Sin embargo, esta columna, lejos de exhibir un prejuicio pesimista frente al proceso político que vive Chile, consigna que la salida institucional que permitió el acuerdo político de la reforma a la Constitución del 2005 del presidente Ricardo Lagos (al que muchos restan legitimidad de origen por representar el espíritu del constituyente de 1980) ha sido una muy particular búsqueda de superación del conflicto político. Ciertamente, en los medios de comunicación se han soslayado las características de un proceso paritario (entre hombres y mujeres), por tener cupos reservados para los representantes de pueblos originarios (17 de los 155), o por el hecho de que ha sido la propia elite política la que acordó cambiar la carta fundamental evitando un quiebre democrático, como sucedió en el Chile de inicio de inicios del siglo XX que desembocó en la Constitución de 1925 o el golpe militar de 1973 que conllevó la Constitución de 1980. Sin embargo, el aspecto más singular del proceso político ha sido precisamente intentar acotar la misión del constituyente a la labor de acordar y redactar la carta fundamental, mientras las demás instituciones siguen funcionando con «normalidad». Por esto, sin duda la experiencia chilena está siendo observada con interés desde distintas latitudes, ya que está intentando responder a los desafíos de un cambio de época, es decir, a una transformación cultural profunda.

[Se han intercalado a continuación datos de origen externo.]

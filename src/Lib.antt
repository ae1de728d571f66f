-- ===== src/Lib.antt =====
-- tortue, a BitTorrent client: its domain, and the framing of the peer protocol.
--
-- The program is a set of pure state machines under tortue_lib/src/domain, which drivers under
-- tortue_lib/src/adapters feed with what comes from sockets, disks and timers. A peer's bytes are
-- framed by adapters/peer_io.rs, decoded by domain/message.rs, which reads and writes bencode
-- (domain/bencode.rs), and given to `Swarm::step` (domain/swarm.rs). The swarm keeps the pieces
-- (swarm/piece_manager.rs, on domain/bitfield.rs), the requests in flight (swarm/block_assignment.rs)
-- and the peers (swarm/peer_registry.rs), and answers with outputs that the drivers carry out.
--
--   Bencode    domain/bencode.rs. `Value` has the values, with lists and dictionaries as data types of
--              their own; `Number` std's printing and parsing of integers; `Token`, `Decoder`,
--              `Encoder` and `Access` the functions of the source.
--   Bitfield   domain/bitfield.rs, the iterator included.
--   Net, Peer  std's `SocketAddr`, domain/block.rs, and domain/peer.rs with its handshake of 68
--              bytes, `Handshake`; `Reconnect` is how adapters/peer_io.rs tries a peer again.
--   Message    domain/message.rs: `Codec` is `Message::encode` and `decode`, `Handshake`, `Metadata` and
--              `Pex` the extension messages; `Frame` is `frame` and `read_from` of adapters/peer_io.rs.
--   Torrent    domain/torrent.rs: `Metainfo`, its size, its validation and its metadata blocks; `Parse` is
--              `Metainfo::try_from`; `Describe` has the torrent files of BEP 3, `Says` the entries of an
--              info dictionary and `Trackers` the tracker addresses that it is checked against.
--   Swarm      domain/swarm.rs and domain/swarm/: `Piece` and `Manager` are piece_manager.rs,
--              `Assignments` block_assignment.rs, `Availability` and `Registry` peer_registry.rs;
--              `State`, `Uploads`, `Connections`, `Extensions`, `Plan` and `Step` are swarm.rs, one
--              function for each method.
--   Disk       adapters/disk_storage.rs: `Files` is the split of a block over the files, `Paths` the
--              paths of a torrent, `Create` the opening of its files, `Storage` the jobs that the worker
--              gets, `Flat` the content as one sequence of bytes, against which the worker is
--              specified.
--   Metadata   domain/metadata.rs, the state machine that fetches the metadata of a torrent, and
--              `Metadata.Driver`, the loop of adapters/metadata_io.rs that feeds it.
--   Tracker    domain/tracker.rs and adapters/tracker_io.rs: `Announce` is the loop of the client, `Udp`
--              its packets, `Http` the parser of an HTTP answer.
--   Magnet     domain/magnet.rs: the parser of a magnet link and of the info hash that it names.
--   Application  application/magnet.rs, the fetch of a magnet link's metadata and its parsing.
--   Prelude    what these share: tests, lists, results, hash tables as lists of pairs, bytes and bits.
--
-- State is passed on: a method on `&mut self` takes the state and returns it with its result, and
-- an error leaves the state as the source leaves it at that point. A call that may panic returns
-- `Exit`. A `HashMap` is a list of pairs and a `HashSet` a list: their order stands for the order
-- of iteration, which std leaves open. `usize` and `u64` have 64 bits: where the source adds or multiplies
-- without a check, the model wraps around.
--
-- The decoder of bencode runs on fuel, two calls for each byte and two more, and the loop of `plan` on
-- one round more than the budget; both are proved to be enough. All other loops are over lists or have
-- a number of rounds that the source gives.
--
-- Parameters: the digest is the sha1 crate's, any function on bytes here; the random choice of a peer is
-- the rand crate's, a choice from a list that carries a state, of which the theorems on plans assume
-- that a chosen peer is one of the list. tokio's files and directories are the records `FileIo` and
-- `DirectoryIo`, over any state of the disk, and `Works` and `Sizes` say what the theorems ask of them:
-- a read after a write or a resize. The calls of `DirectoryIo` that create directories and files or set
-- a length give back a state of the disk with their result, also when they fail. Each opened file is
-- a file of its own: two paths that name one file, by a link or by being equal, are not seen as one.
--
-- The random factor of the sleeps in `Reconnect`, of the rand crate too, is a function on delays, which
-- the theorem takes to be in its range. Parameters are also the decoders of hexadecimal and of percent
-- escapes in magnet links, of the crates hex and percent-encoding, and the parser of IP addresses in
-- text, for the HTTP answers that list their peers. A UDP tracker is a function from the packet that it
-- gets to the packet that it sends back, of which the client receives the first 4096 bytes, the size of
-- its buffer.
--
-- Not modelled: the asynchronous input and output of the drivers, the application's wiring and the
-- command line, texts of errors and debug output, the ratio shown as a float, the
-- URLs of trackers, and the loops around the swarm and the peers' sockets.
pub mod Prelude
pub mod Application
pub mod Bencode
pub mod Bitfield
pub mod Disk
pub mod Magnet
pub mod Message
pub mod Metadata
pub mod Net
pub mod Peer
pub mod Swarm
pub mod Torrent
pub mod Tracker
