-- ===== src/Prelude/Lists.antt =====
-- Lists measured and indexed by native numbers, under the library's names.
use Prim.Native.Nat.{ℕ, zero, suc, ◌+◌, ◌-◌, ◌<◌, ◌≤◌, min}
use Prim.Native.Char.{code}
use Prim.Native.String.{String}
use mathlib.Core.Bool.{Bool, true, false, ◌&&◌}
use mathlib.Core.Path.{◌≡◌, refl, ap, subst, sym, ◌∙◌}
use mathlib.Core.Logic.{◌≢◌, ◌⊎◌, inl, inr}
use mathlib.Core.List.{List, [], ◌∷◌, ◌++◌}
use mathlib.Core.Option.{Option, none, some}
use native.Mathlib.Omega.{arith}

abbrev pub Bytes : Type 0
Bytes = List ℕ

-- The bytes of an ASCII literal.
abbrev pub codes : String → Bytes
codes String.[] = []
codes (String.◌∷◌ c s) = code c ∷ codes s

module _ {ℓ} {A : Type ℓ} where
  abbrev pub length : List A → ℕ
  length [] = 0
  length (x ∷ xs) = suc (length xs)

  abbrev pub get_elem? : List A → ℕ → Option A
  get_elem? [] i = none
  get_elem? (x ∷ xs) zero = some x
  get_elem? (x ∷ xs) (suc i) = get_elem? xs i

  -- A write out of bounds changes nothing.
  abbrev pub set : List A → ℕ → A → List A
  set [] i v = []
  set (x ∷ xs) zero v = v ∷ xs
  set (x ∷ xs) (suc i) v = x ∷ set xs i v

  abbrev pub get_or : List A → ℕ → A → A
  get_or [] i d = d
  get_or (x ∷ xs) zero d = x
  get_or (x ∷ xs) (suc i) d = get_or xs i d

  abbrev pub take : ℕ → List A → List A
  take zero xs = []
  take (suc n) [] = []
  take (suc n) (x ∷ xs) = x ∷ take n xs

  abbrev pub drop : ℕ → List A → List A
  drop zero xs = xs
  drop (suc n) [] = []
  drop (suc n) (x ∷ xs) = drop n xs

  abbrev pub replicate : ℕ → A → List A
  replicate zero a = []
  replicate (suc n) a = a ∷ replicate n a

  abbrev pub is_empty : List A → Bool
  is_empty [] = true
  is_empty (x ∷ xs) = false

  abbrev pub all : (A → Bool) → List A → Bool
  all p [] = true
  all p (x ∷ xs) = p x && all p xs

  abbrev pub All {κ} : (A → Type κ) → List A → Type κ
  All P [] = Unit {κ}
  All P (x ∷ xs) = P x × All P xs

  pub length-append : (xs ys : List A) → length (xs ++ ys) ≡ length xs + length ys
  length-append [] ys = omega arith
  length-append (x ∷ xs) ys = omega (arith, length-append xs ys)

  pub length-set : (xs : List A) (i : ℕ) (v : A) → length (set xs i v) ≡ length xs
  length-set [] i v = refl
  length-set (x ∷ xs) zero v = refl
  length-set (x ∷ xs) (suc i) v = ap suc (length-set xs i v)

  pub get_elem?-set_self :
      (xs : List A) (i : ℕ) (v : A) → i < length xs → get_elem? (set xs i v) i ≡ some v
  get_elem?-set_self [] i v h = elim h [ ]
  get_elem?-set_self (x ∷ xs) zero v h = refl
  get_elem?-set_self (x ∷ xs) (suc i) v h = get_elem?-set_self xs i v (omega arith)

  pub get_elem?-set_ne :
      (xs : List A) (i j : ℕ) (v : A) → i ≢ j → get_elem? (set xs i v) j ≡ get_elem? xs j
  get_elem?-set_ne [] i j v h = refl
  get_elem?-set_ne (x ∷ xs) zero zero v h = absurd (h refl)
  get_elem?-set_ne (x ∷ xs) zero (suc j) v h = refl
  get_elem?-set_ne (x ∷ xs) (suc i) zero v h = refl
  get_elem?-set_ne (x ∷ xs) (suc i) (suc j) v h = get_elem?-set_ne xs i j v (λ e. h (ap suc e))

  pub lt_of_get_elem? : (xs : List A) (i : ℕ) (v : A) → get_elem? xs i ≡ some v → i < length xs
  lt_of_get_elem? [] i v h = absurd (grind arith)
  lt_of_get_elem? (x ∷ xs) zero v h = omega arith
  lt_of_get_elem? (x ∷ xs) (suc i) v h = omega (arith, lt_of_get_elem? xs i v h)

  pub take-append-drop : (n : ℕ) (xs : List A) → take n xs ++ drop n xs ≡ xs
  take-append-drop zero xs = refl
  take-append-drop (suc n) [] = refl
  take-append-drop (suc n) (x ∷ xs) = ap (λ t. x ∷ t) (take-append-drop n xs)

  pub length-take : (n : ℕ) (xs : List A) → length (take n xs) ≡ min n (length xs)
  length-take zero xs = omega arith
  length-take (suc n) [] = omega arith
  length-take (suc n) (x ∷ xs) = omega (arith, length-take n xs)

  pub length-drop : (n : ℕ) (xs : List A) → length (drop n xs) ≡ length xs - n
  length-drop zero xs = omega arith
  length-drop (suc n) [] = omega arith
  length-drop (suc n) (x ∷ xs) = omega (arith, length-drop n xs)

  pub length-replicate : (n : ℕ) (a : A) → length (replicate n a) ≡ n
  length-replicate zero a = refl
  length-replicate (suc n) a = ap suc (length-replicate n a)

  pub take_all : (n : ℕ) (s : List A) → length s ≤ n → take n s ≡ s
  take_all zero [] h = refl
  take_all zero (x ∷ s) h = absurd (omega arith)
  take_all (suc n) [] h = refl
  take_all (suc n) (x ∷ s) h = ap (λ t. x ∷ t) (take_all n s (omega arith))

  pub drop_all : (n : ℕ) (s : List A) → length s ≤ n → drop n s ≡ []
  drop_all zero [] h = refl
  drop_all zero (x ∷ s) h = absurd (omega arith)
  drop_all (suc n) [] h = refl
  drop_all (suc n) (x ∷ s) h = drop_all n s (omega arith)

  -- Two numbers that are equal, or both reach the end.
  pub take_eq_of :
      (n m : ℕ) (s : List A) → (n ≡ m) ⊎ ((length s ≤ n) × (length s ≤ m)) → take n s ≡ take m s
  take_eq_of n m s (inl e) = ap (λ k. take k s) e
  take_eq_of n m s (inr (h, g)) = take_all n s h ∙ sym (take_all m s g)

  pub take-append :
      (n k : ℕ) (s t : List A) → k ≡ n - length s → take n (s ++ t) ≡ take n s ++ take k t
  take-append zero zero s t h = refl
  take-append zero (suc k) s t h = absurd (omega (arith, h))
  take-append (suc n) k [] t h = let e : suc n ≡ k = omega (arith, h) in ap (λ m. take m t) e
  take-append (suc n) k (x ∷ s) t h = ap (λ r. x ∷ r) (take-append n k s t (omega (arith, h)))

  pub drop-append :
      (n k : ℕ) (s t : List A) → k ≡ n - length s → drop n (s ++ t) ≡ drop n s ++ drop k t
  drop-append n k [] t h =
      let e : n ≡ k = omega (arith, h) in rw (drop_all n [] (omega arith)) (ap (λ m. drop m t) e)
  drop-append zero zero (x ∷ s) t h = refl
  drop-append zero (suc k) (x ∷ s) t h = absurd (omega (arith, h))
  drop-append (suc n) k (x ∷ s) t h = drop-append n k s t (omega (arith, h))

  pub take_append_left : (xs ys : List A) → take (length xs) (xs ++ ys) ≡ xs
  take_append_left [] ys = refl
  take_append_left (x ∷ xs) ys = ap (λ t. x ∷ t) (take_append_left xs ys)

  pub drop_append_left : (xs ys : List A) → drop (length xs) (xs ++ ys) ≡ ys
  drop_append_left [] ys = refl
  drop_append_left (x ∷ xs) ys = drop_append_left xs ys

  pub drop-drop : (n k m : ℕ) (s : List A) → m ≡ n + k → drop k (drop n s) ≡ drop m s
  drop-drop zero k m s h = ap (λ i. drop i s) (omega (arith, h))
  drop-drop (suc n) k zero s h = absurd (omega arith)
  drop-drop (suc n) zero (suc m) [] h = refl
  drop-drop (suc n) (suc k) (suc m) [] h = refl
  drop-drop (suc n) k (suc m) (x ∷ s) h = drop-drop n k m s (omega arith)

  pub take_exactly : (n : ℕ) (xs ys : List A) → length xs ≡ n → take n (xs ++ ys) ≡ xs
  take_exactly n xs ys h = subst (λ m. take m (xs ++ ys) ≡ xs) h (take_append_left xs ys)

  pub drop_exactly : (n : ℕ) (xs ys : List A) → length xs ≡ n → drop n (xs ++ ys) ≡ ys
  drop_exactly n xs ys h = subst (λ m. drop m (xs ++ ys) ≡ ys) h (drop_append_left xs ys)

  pub get_elem?-in_range :
      (xs : List A) (i : ℕ) → i < length xs → (v : A) × (get_elem? xs i ≡ some v)
  get_elem?-in_range [] i h = elim h [ ]
  get_elem?-in_range (x ∷ xs) zero h = (x, refl)
  get_elem?-in_range (x ∷ xs) (suc i) h = get_elem?-in_range xs i (omega arith)

  pub get_elem?-set-cases :
      (xs : List A) (i j : ℕ) (v r : A)
      → get_elem? (set xs i v) j ≡ some r
      → ((i ≡ j) × (r ≡ v)) ⊎ ((i ≢ j) × (get_elem? xs j ≡ some r))
  get_elem?-set-cases [] i j v r h = absurd (cc)
  get_elem?-set-cases (x ∷ xs) zero zero v r h = inl (refl, cc)
  get_elem?-set-cases (x ∷ xs) zero (suc j) v r h = inr (omega arith, h)
  get_elem?-set-cases (x ∷ xs) (suc i) zero v r h = inr (omega arith, h)
  get_elem?-set-cases (x ∷ xs) (suc i) (suc j) v r h = elim (get_elem?-set-cases xs i j v r h) [
    | inl (e, f) ↦ inl (ap suc e, f)
    | inr (n, f) ↦ inr (omega arith, f)
  ]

La labor de un constituyente que emerge precisamente por la falta de credibilidad y legitimidad de las instituciones de la República es un camino pedregoso por el cual se pretende transitar para la realización de los cambios que el soberano ha mandatado.

Al respecto, que en la presidencia del constituyente haya sido electa una líder mapuche, Elisa Loncón, denota uno de los derroteros por los que se intenta simbolizar varios procesos de cambios que exhibe en el ámbito cultural la ciudadanía en Chile, tales como el respeto a los pueblos originarios en relación con sus tradiciones, reivindicaciones y cosmovisiones, el fin del patriarcado (asumiendo para Chile un enfoque de género) y la superación del centralismo. Es decir, un renacimiento de las identidades y respeto a las diferencias. Ello como contraparte a la uniformidad y homogeneidad de la chilenidad.

El proceso recién se inicia; sin embargo, es deseable que los constituyentes y los movimientos que los apoyan estén dispuestos a crear puentes de entendimiento que promuevan el diálogo que el país requiere. No será fácil conseguirlo en medio de un contexto en el que están representados tanto sectores que están por refundar Chile en una lógica de adversarios del modelo neoliberal como quienes pretenden mínimas reformas al sistema político y social. En definitiva, posiciones maximalistas que polarizan la realidad del país entre buenos y malos, entre quienes defienden sus intereses por sobre el bien común. En consecuencia, el camino no es fácil, pero pareciera el único que pudiera conseguir un nuevo pacto social para el futuro del país.